Determine how many lines of the material below include "integers", and reply with that number alone.

* _Data for processing_:
________

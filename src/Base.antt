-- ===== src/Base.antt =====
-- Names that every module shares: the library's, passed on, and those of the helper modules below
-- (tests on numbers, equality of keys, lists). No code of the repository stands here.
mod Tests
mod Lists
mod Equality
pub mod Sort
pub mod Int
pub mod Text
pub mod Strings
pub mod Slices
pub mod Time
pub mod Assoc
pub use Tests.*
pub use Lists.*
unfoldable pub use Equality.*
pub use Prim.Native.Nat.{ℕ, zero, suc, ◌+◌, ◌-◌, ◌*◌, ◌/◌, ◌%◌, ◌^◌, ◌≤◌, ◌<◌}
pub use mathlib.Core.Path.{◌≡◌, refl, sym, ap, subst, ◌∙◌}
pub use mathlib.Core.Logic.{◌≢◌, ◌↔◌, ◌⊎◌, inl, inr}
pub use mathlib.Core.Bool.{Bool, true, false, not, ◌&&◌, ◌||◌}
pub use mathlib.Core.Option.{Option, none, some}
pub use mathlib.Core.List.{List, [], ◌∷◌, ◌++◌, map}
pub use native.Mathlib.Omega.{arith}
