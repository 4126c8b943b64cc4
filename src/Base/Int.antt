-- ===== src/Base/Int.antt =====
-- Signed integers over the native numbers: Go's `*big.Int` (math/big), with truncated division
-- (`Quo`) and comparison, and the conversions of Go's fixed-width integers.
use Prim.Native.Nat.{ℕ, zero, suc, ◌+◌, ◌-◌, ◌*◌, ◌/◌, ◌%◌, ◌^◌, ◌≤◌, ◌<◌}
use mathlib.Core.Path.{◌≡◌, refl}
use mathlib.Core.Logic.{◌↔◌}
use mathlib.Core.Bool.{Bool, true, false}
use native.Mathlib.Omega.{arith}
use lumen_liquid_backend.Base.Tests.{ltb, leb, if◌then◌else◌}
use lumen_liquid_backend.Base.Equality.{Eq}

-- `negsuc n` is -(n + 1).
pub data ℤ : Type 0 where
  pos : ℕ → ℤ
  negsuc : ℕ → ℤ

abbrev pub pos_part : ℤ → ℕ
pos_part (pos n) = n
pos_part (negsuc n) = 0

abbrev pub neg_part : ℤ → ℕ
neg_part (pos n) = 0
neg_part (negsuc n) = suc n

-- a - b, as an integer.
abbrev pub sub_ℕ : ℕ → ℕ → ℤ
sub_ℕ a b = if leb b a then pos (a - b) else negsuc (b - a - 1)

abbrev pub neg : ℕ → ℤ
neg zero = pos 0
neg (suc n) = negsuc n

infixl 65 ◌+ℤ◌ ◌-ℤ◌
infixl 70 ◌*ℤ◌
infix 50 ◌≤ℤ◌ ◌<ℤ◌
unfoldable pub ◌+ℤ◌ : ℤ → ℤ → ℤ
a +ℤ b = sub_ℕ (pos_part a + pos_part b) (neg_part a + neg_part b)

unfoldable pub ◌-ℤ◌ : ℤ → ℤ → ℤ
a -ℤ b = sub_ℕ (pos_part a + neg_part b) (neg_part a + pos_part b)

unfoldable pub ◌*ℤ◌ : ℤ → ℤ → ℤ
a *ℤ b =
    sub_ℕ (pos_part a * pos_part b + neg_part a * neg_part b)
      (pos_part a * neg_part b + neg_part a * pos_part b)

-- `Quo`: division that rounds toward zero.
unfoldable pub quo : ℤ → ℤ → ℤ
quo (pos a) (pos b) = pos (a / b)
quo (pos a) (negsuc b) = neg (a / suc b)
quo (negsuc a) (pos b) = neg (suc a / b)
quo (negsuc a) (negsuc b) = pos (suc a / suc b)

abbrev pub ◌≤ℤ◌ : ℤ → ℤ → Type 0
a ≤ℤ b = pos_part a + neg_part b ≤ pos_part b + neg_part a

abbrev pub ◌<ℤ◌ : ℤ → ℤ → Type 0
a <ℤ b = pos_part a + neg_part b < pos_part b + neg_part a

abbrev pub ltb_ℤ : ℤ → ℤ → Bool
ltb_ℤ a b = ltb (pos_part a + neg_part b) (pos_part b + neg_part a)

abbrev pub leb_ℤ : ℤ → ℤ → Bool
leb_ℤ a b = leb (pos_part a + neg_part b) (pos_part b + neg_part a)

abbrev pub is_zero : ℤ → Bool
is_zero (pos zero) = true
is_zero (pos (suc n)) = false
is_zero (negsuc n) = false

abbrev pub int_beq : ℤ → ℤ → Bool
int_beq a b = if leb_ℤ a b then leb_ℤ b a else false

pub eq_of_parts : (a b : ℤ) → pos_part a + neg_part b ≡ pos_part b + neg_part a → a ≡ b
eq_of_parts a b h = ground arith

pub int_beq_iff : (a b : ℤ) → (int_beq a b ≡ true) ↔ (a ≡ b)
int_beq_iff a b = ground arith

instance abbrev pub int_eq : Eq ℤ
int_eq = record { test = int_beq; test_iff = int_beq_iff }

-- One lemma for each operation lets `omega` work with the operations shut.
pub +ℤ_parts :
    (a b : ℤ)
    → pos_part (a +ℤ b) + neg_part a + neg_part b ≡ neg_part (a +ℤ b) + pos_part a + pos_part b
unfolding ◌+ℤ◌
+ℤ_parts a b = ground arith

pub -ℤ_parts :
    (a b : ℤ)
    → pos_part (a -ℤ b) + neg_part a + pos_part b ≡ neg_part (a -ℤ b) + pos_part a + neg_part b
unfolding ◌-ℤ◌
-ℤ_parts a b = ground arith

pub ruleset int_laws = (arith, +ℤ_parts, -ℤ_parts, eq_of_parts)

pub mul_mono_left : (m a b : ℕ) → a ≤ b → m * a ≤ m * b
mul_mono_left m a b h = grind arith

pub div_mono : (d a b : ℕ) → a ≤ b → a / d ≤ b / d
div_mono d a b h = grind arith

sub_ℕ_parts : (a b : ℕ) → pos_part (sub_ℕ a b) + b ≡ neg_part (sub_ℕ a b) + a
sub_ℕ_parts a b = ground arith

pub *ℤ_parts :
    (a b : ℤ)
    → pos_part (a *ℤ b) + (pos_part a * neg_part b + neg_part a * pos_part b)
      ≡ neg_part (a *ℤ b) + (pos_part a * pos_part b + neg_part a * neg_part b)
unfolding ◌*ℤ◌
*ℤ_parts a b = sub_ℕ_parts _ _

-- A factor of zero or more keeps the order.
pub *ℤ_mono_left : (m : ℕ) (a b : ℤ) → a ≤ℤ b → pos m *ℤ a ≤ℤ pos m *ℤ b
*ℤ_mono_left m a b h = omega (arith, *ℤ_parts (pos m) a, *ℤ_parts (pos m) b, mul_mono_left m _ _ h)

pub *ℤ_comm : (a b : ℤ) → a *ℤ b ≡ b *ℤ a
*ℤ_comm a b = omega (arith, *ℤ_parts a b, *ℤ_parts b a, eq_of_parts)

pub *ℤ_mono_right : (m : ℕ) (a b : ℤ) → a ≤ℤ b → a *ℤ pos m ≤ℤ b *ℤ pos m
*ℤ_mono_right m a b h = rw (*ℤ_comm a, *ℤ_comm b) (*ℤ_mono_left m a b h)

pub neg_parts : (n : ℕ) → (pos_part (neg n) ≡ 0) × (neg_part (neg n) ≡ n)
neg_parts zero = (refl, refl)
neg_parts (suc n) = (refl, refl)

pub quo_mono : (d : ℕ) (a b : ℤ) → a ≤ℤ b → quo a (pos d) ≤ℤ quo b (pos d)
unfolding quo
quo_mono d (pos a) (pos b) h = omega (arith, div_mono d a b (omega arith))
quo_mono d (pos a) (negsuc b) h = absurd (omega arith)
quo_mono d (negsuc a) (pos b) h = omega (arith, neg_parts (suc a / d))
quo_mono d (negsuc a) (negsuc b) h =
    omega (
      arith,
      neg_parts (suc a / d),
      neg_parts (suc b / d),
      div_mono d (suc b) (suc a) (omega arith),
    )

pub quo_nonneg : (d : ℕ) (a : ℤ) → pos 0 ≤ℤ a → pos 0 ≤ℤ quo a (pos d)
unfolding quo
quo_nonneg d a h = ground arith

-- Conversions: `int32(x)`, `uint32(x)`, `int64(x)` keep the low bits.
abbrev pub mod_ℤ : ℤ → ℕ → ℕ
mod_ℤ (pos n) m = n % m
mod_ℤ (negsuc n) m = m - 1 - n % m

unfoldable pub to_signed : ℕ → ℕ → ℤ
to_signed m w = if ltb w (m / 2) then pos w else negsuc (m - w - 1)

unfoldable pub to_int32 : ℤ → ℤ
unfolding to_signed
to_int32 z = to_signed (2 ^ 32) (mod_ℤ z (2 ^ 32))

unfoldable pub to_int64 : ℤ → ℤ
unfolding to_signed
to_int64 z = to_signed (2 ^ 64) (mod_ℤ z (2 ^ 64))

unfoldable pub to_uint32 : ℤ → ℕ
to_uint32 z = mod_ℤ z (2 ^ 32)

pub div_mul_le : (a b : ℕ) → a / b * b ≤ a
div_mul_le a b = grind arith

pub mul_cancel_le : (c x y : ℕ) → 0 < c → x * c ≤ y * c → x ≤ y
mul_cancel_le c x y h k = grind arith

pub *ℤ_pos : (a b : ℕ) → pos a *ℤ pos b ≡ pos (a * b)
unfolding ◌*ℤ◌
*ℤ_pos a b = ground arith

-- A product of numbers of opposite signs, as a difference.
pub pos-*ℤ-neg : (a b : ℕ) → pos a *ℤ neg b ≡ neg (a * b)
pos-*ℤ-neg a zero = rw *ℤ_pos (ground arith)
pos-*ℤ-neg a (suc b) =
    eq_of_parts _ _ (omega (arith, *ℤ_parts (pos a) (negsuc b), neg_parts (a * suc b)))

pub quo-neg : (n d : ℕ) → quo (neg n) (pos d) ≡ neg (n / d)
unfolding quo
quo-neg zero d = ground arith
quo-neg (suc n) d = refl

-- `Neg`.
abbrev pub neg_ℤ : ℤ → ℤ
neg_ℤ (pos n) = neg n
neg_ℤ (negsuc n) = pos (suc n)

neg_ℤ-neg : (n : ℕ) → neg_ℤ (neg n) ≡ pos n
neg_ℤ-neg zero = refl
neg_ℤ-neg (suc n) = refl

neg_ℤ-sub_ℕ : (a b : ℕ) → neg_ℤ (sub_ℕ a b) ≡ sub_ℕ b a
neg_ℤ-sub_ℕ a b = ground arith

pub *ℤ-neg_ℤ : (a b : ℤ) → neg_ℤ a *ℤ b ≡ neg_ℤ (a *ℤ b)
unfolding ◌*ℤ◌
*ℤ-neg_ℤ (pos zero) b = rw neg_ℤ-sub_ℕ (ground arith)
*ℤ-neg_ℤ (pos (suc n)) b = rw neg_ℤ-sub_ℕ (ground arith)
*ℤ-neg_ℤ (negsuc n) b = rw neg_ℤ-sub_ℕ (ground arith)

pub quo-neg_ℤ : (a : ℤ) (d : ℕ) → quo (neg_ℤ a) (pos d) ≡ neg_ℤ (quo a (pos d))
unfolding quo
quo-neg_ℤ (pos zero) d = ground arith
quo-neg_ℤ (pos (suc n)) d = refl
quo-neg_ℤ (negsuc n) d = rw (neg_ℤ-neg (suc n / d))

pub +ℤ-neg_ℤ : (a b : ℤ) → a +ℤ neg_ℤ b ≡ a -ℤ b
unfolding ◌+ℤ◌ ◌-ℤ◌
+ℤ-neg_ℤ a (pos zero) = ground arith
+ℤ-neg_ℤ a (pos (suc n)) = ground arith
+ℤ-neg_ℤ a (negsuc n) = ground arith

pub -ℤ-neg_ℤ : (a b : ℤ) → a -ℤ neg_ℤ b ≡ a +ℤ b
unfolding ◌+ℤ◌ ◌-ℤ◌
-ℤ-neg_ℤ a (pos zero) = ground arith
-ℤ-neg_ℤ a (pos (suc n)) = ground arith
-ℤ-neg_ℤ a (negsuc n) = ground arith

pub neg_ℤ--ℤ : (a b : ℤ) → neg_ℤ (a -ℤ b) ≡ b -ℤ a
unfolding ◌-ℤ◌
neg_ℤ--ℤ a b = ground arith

________

* _Output below_: 2